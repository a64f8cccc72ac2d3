-- ===== src/Observe/Tests.antt =====
-- Runs of packages/bare-observe/src.
use bare_network_inspect.Base.{
  ℕ, ◌≤◌, ◌≡◌, ◌≢◌, refl, arith, inr, Bool, true, Option, none, some, List, [], ◌∷◌, ◌++◌, map, All,
  length, keep_last, JsString, ascii, same, map_get,
}
use bare_network_inspect.Framing.{encode_frame, fresh, push_all}
use bare_network_inspect.Adapter.{Call, returned}
use bare_network_inspect.Observe.Exporter.{
  Stream, new_stream, new_deferred, attach, export_deferred, export_batches, export_batch,
  export_event, write_frame,
}
use bare_network_inspect.Observe.Exporter.Delivery.{events, export_all, push_all-attach}
use bare_network_inspect.Observe.Reporter.{
  Op, exported, ready, opened, lost, open_state, new_reporter, run,
}
use bare_network_inspect.Observe.Reporter.Queue.{run-le}
use bare_network_inspect.Observe.Reporter.Flush.{exports, run-opened}
use bare_network_inspect.Observe.Inflight.{ReportEvent, request_start, request_end, report_all}
use bare_network_inspect.Observe.Inflight.Tracking.{last_told, map_get-report_all}
use bare_network_inspect.Observe.WrapClient.{
  Result, plain, stream, Later, item, ended_stream, closed_stream, Site, call_trace, after_call,
  run_later, on_later, settle, monitor_stream, end_error, end_stream, start_event,
}
use bare_network_inspect.Observe.WrapClient
use bare_network_inspect.Observe.WrapClient.Trace.{ends, is_over, ends-call_trace}
use bare_network_inspect.Observe.Invoke
use bare_network_inspect.Observe.Invoke.{
  new_session, wrap, called, inbound, edited, Request, allows, split_method, split_dot, endpoint_of,
}
use bare_network_inspect.Observe.Invoke.Target.{AreOneDot}
use bare_network_inspect.Observe.Invoke.Safety.{IsAllowed, run-IsAllowed}

-- An event is a number here, and its bytes are that number.
abbrev encode : ℕ → Call ℕ (List ℕ)
encode e = returned (e ∷ [])

abbrev bytes : ℕ → List ℕ
bytes e = e ∷ []

abbrev write : ℕ → List ℕ → Call ℕ (Unit {0})
write n frame = returned tt

abbrev hub : Stream ℕ
hub = record {
  written = encode_frame (5 ∷ []) ∷ encode_frame (6 ∷ []) ∷ encode_frame (7 ∷ []) ∷ [];
  errors = [];
}

hub_lem :
    (export_all encode write
      (attach encode write (export_all encode write new_deferred ((5 ∷ 6 ∷ []) ∷ [])) new_stream)
      ((7 ∷ []) ∷ [])).live
    ≡ some hub
unfolding export_deferred attach export_batches export_batch export_event write_frame
hub_lem = refl

push_all-attach_example :
    push_all fresh (encode_frame (5 ∷ []) ∷ encode_frame (6 ∷ []) ∷ encode_frame (7 ∷ []) ∷ [])
    ≡ some (record { buffer = []; received = map bytes (events ((5 ∷ 6 ∷ []) ∷ (7 ∷ []) ∷ [])) })
push_all-attach_example =
    push_all-attach encode write bytes (λ a. refl) (λ n f. refl) ((5 ∷ 6 ∷ []) ∷ []) ((7 ∷ []) ∷ [])
      hub (encode_frame (5 ∷ []) ∷ encode_frame (6 ∷ []) ∷ encode_frame (7 ∷ []) ∷ []) (omega arith)
      hub_lem refl

abbrev all_sent : ℕ → Bool
all_sent n = true

run-opened_example :
    let r =
      run {A = ℕ} 2 all_sent new_reporter
        (exports ((1 ∷ 2 ∷ []) ∷ (3 ∷ []) ∷ []) ++ (ready open_state ∷ opened (some 9) ∷ [])) in
    (r.sent ≡ 9 ∷ keep_last 2 (events ((1 ∷ 2 ∷ []) ∷ (3 ∷ []) ∷ []))) × (r.queue ≡ [])
run-opened_example = run-opened 2 all_sent (λ n. refl) 9 (1 ∷ 2 ∷ []) ((3 ∷ []) ∷ []) (omega arith)

abbrev reporter_ops : List (Op ℕ)
reporter_ops = exported true true (1 ∷ 2 ∷ 3 ∷ []) ∷ lost ∷ []

run-le_example : length (run {A = ℕ} 2 all_sent new_reporter reporter_ops).queue ≤ 2
run-le_example = run-le 2 all_sent new_reporter reporter_ops (omega arith)

abbrev start_of : JsString → ReportEvent
start_of c = record { report_type = request_start; corr_id = some c; method = ascii "get"; t = 4 }

abbrev report_events : List ReportEvent
report_events =
    start_of (ascii "a")
    ∷ start_of (ascii "b")
    ∷ record { report_type = request_end; corr_id = some (ascii "a"); method = []; t = 5 }
    ∷ []

map_get-report_all_example :
    map_get same (ascii "b") (report_all [] report_events)
    ≡ last_told (ascii "b") none report_events
map_get-report_all_example = map_get-report_all report_events (ascii "b") (omega arith)

abbrev site : Site
site = record { endpoint = ascii "feed.watch"; corr_id = ascii "rpc-1"; tag = none }

abbrev whole : ℕ → ℕ
whole v = v

attaches : (v n : ℕ) (err : JsString) → stream 1 none ≢ stream v (some (n, err))
attaches v n err e = ground arith

ends-call_trace_example :
    ends
      (call_trace whole true site 0 (stream 1 none) (item 2 ∷ ended_stream ∷ closed_stream ∷ [])).0
    ≡ is_over {V = ℕ} true (stream 1 none) (item 2 ∷ ended_stream ∷ closed_stream ∷ [])
ends-call_trace_example =
    ends-call_trace whole true site 0 (stream 1 none) (item 2 ∷ ended_stream ∷ closed_stream ∷ [])
      attaches

-- A stream whose `on` throws at the third listener, and that fails later, has two ends.
two_ends :
    ends
      (call_trace whole true site 0
        (stream 1 (some (2, ascii "x")))
        (WrapClient.failed (ascii "y") ∷ [])).0
    ≡ 2
unfolding call_trace after_call monitor_stream run_later on_later settle end_error end_stream
    start_event
two_ends = refl

abbrev approve : Option (JsString → ℕ → Call JsString Bool)
approve = some (λ method args. returned true)

abbrev exists : JsString → Bool
exists endpoint = true

abbrev echo : JsString → ℕ → Result ℕ
echo endpoint args = plain args

abbrev invoke_ops : List (Invoke.Op ℕ)
invoke_ops =
    wrap
    ∷ called (ascii "db.put") 5 (plain 0)
    ∷ inbound (some (record { corr_id = ascii "rpc-1"; invoke_id = ascii "i"; args = edited 6 }))
    ∷ []

invoke_ops-AreOneDot : AreOneDot invoke_ops
invoke_ops-AreOneDot = (
  inr (
    ascii "db",
    ascii "put",
    ((λ e. ground arith), ((λ e. ground arith), tt)),
    ((λ e. ground arith), ((λ e. ground arith), ((λ e. ground arith), tt))),
    omega arith,
    refl,
  ),
  tt,
)

run-IsAllowed_example :
    let s = Invoke.run whole true true 100 approve exists echo new_session invoke_ops in
    All (IsAllowed true (allows approve) s.client.logged) s.invoked
run-IsAllowed_example =
    run-IsAllowed whole true true 100 approve exists echo invoke_ops invoke_ops-AreOneDot

-- A second dot is lost: a replay of `db.put.all` is made on `db.put`.
other_target : endpoint_of (split_method (ascii "db.put.all")) ≡ ascii "db.put"
unfolding split_method split_dot endpoint_of
other_target = refl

| Work item |
The full listing must come back exactly as given.

| Exercise result |
repository a64f8cccc72ac2d3
-- ===== src/Observe/Tests.antt =====
-- Runs of packages/bare-observe/src.
use bare_network_inspect.Base.{
  ℕ, ◌≤◌, ◌≡◌, ◌≢◌, refl, arith, inr, Bool, true, Option, none, some, List, [], ◌∷◌, ◌++◌, map, All,
  length, keep_last, JsString, ascii, same, map_get,
}
use bare_network_inspect.Framing.{encode_frame, fresh, push_all}
use bare_network_inspect.Adapter.{Call, returned}
use bare_network_inspect.Observe.Exporter.{
  Stream, new_stream, new_deferred, attach, export_deferred, export_batches, export_batch,
  export_event, write_frame,
}
use bare_network_inspect.Observe.Exporter.Delivery.{events, export_all, push_all-attach}
use bare_network_inspect.Observe.Reporter.{
  Op, exported, ready, opened, lost, open_state, new_reporter, run,
}
use bare_network_inspect.Observe.Reporter.Queue.{run-le}
use bare_network_inspect.Observe.Reporter.Flush.{exports, run-opened}
use bare_network_inspect.Observe.Inflight.{ReportEvent, request_start, request_end, report_all}
use bare_network_inspect.Observe.Inflight.Tracking.{last_told, map_get-report_all}
use bare_network_inspect.Observe.WrapClient.{
  Result, plain, stream, Later, item, ended_stream, closed_stream, Site, call_trace, after_call,
  run_later, on_later, settle, monitor_stream, end_error, end_stream, start_event,
}
use bare_network_inspect.Observe.WrapClient
use bare_network_inspect.Observe.WrapClient.Trace.{ends, is_over, ends-call_trace}
use bare_network_inspect.Observe.Invoke
use bare_network_inspect.Observe.Invoke.{
  new_session, wrap, called, inbound, edited, Request, allows, split_method, split_dot, endpoint_of,
}
use bare_network_inspect.Observe.Invoke.Target.{AreOneDot}
use bare_network_inspect.Observe.Invoke.Safety.{IsAllowed, run-IsAllowed}

-- An event is a number here, and its bytes are that number.
abbrev encode : ℕ → Call ℕ (List ℕ)
encode e = returned (e ∷ [])

abbrev bytes : ℕ → List ℕ
bytes e = e ∷ []

abbrev write : ℕ → List ℕ → Call ℕ (Unit {0})
write n frame = returned tt

abbrev hub : Stream ℕ
hub = record {
  written = encode_frame (5 ∷ []) ∷ encode_frame (6 ∷ []) ∷ encode_frame (7 ∷ []) ∷ [];
  errors = [];
}

hub_lem :
    (export_all encode write
      (attach encode write (export_all encode write new_deferred ((5 ∷ 6 ∷ []) ∷ [])) new_stream)
      ((7 ∷ []) ∷ [])).live
    ≡ some hub
unfolding export_deferred attach export_batches export_batch export_event write_frame
hub_lem = refl

push_all-attach_example :
    push_all fresh (encode_frame (5 ∷ []) ∷ encode_frame (6 ∷ []) ∷ encode_frame (7 ∷ []) ∷ [])
    ≡ some (record { buffer = []; received = map bytes (events ((5 ∷ 6 ∷ []) ∷ (7 ∷ []) ∷ [])) })
push_all-attach_example =
    push_all-attach encode write bytes (λ a. refl) (λ n f. refl) ((5 ∷ 6 ∷ []) ∷ []) ((7 ∷ []) ∷ [])
      hub (encode_frame (5 ∷ []) ∷ encode_frame (6 ∷ []) ∷ encode_frame (7 ∷ []) ∷ []) (omega arith)
      hub_lem refl

abbrev all_sent : ℕ → Bool
all_sent n = true

run-opened_example :
    let r =
      run {A = ℕ} 2 all_sent new_reporter
        (exports ((1 ∷ 2 ∷ []) ∷ (3 ∷ []) ∷ []) ++ (ready open_state ∷ opened (some 9) ∷ [])) in
    (r.sent ≡ 9 ∷ keep_last 2 (events ((1 ∷ 2 ∷ []) ∷ (3 ∷ []) ∷ []))) × (r.queue ≡ [])
run-opened_example = run-opened 2 all_sent (λ n. refl) 9 (1 ∷ 2 ∷ []) ((3 ∷ []) ∷ []) (omega arith)

abbrev reporter_ops : List (Op ℕ)
reporter_ops = exported true true (1 ∷ 2 ∷ 3 ∷ []) ∷ lost ∷ []

run-le_example : length (run {A = ℕ} 2 all_sent new_reporter reporter_ops).queue ≤ 2
run-le_example = run-le 2 all_sent new_reporter reporter_ops (omega arith)

abbrev start_of : JsString → ReportEvent
start_of c = record { report_type = request_start; corr_id = some c; method = ascii "get"; t = 4 }

abbrev report_events : List ReportEvent
report_events =
    start_of (ascii "a")
    ∷ start_of (ascii "b")
    ∷ record { report_type = request_end; corr_id = some (ascii "a"); method = []; t = 5 }
    ∷ []

map_get-report_all_example :
    map_get same (ascii "b") (report_all [] report_events)
    ≡ last_told (ascii "b") none report_events
map_get-report_all_example = map_get-report_all report_events (ascii "b") (omega arith)

abbrev site : Site
site = record { endpoint = ascii "feed.watch"; corr_id = ascii "rpc-1"; tag = none }

abbrev whole : ℕ → ℕ
whole v = v

attaches : (v n : ℕ) (err : JsString) → stream 1 none ≢ stream v (some (n, err))
attaches v n err e = ground arith

ends-call_trace_example :
    ends
      (call_trace whole true site 0 (stream 1 none) (item 2 ∷ ended_stream ∷ closed_stream ∷ [])).0
    ≡ is_over {V = ℕ} true (stream 1 none) (item 2 ∷ ended_stream ∷ closed_stream ∷ [])
ends-call_trace_example =
    ends-call_trace whole true site 0 (stream 1 none) (item 2 ∷ ended_stream ∷ closed_stream ∷ [])
      attaches

-- A stream whose `on` throws at the third listener, and that fails later, has two ends.
two_ends :
    ends
      (call_trace whole true site 0
        (stream 1 (some (2, ascii "x")))
        (WrapClient.failed (ascii "y") ∷ [])).0
    ≡ 2
unfolding call_trace after_call monitor_stream run_later on_later settle end_error end_stream
    start_event
two_ends = refl

abbrev approve : Option (JsString → ℕ → Call JsString Bool)
approve = some (λ method args. returned true)

abbrev exists : JsString → Bool
exists endpoint = true

abbrev echo : JsString → ℕ → Result ℕ
echo endpoint args = plain args

abbrev invoke_ops : List (Invoke.Op ℕ)
invoke_ops =
    wrap
    ∷ called (ascii "db.put") 5 (plain 0)
    ∷ inbound (some (record { corr_id = ascii "rpc-1"; invoke_id = ascii "i"; args = edited 6 }))
    ∷ []

invoke_ops-AreOneDot : AreOneDot invoke_ops
invoke_ops-AreOneDot = (
  inr (
    ascii "db",
    ascii "put",
    ((λ e. ground arith), ((λ e. ground arith), tt)),
    ((λ e. ground arith), ((λ e. ground arith), ((λ e. ground arith), tt))),
    omega arith,
    refl,
  ),
  tt,
)

run-IsAllowed_example :
    let s = Invoke.run whole true true 100 approve exists echo new_session invoke_ops in
    All (IsAllowed true (allows approve) s.client.logged) s.invoked
run-IsAllowed_example =
    run-IsAllowed whole true true 100 approve exists echo invoke_ops invoke_ops-AreOneDot

-- A second dot is lost: a replay of `db.put.all` is made on `db.put`.
other_target : endpoint_of (split_method (ascii "db.put.all")) ≡ ascii "db.put"
unfolding split_method split_dot endpoint_of
other_target = refl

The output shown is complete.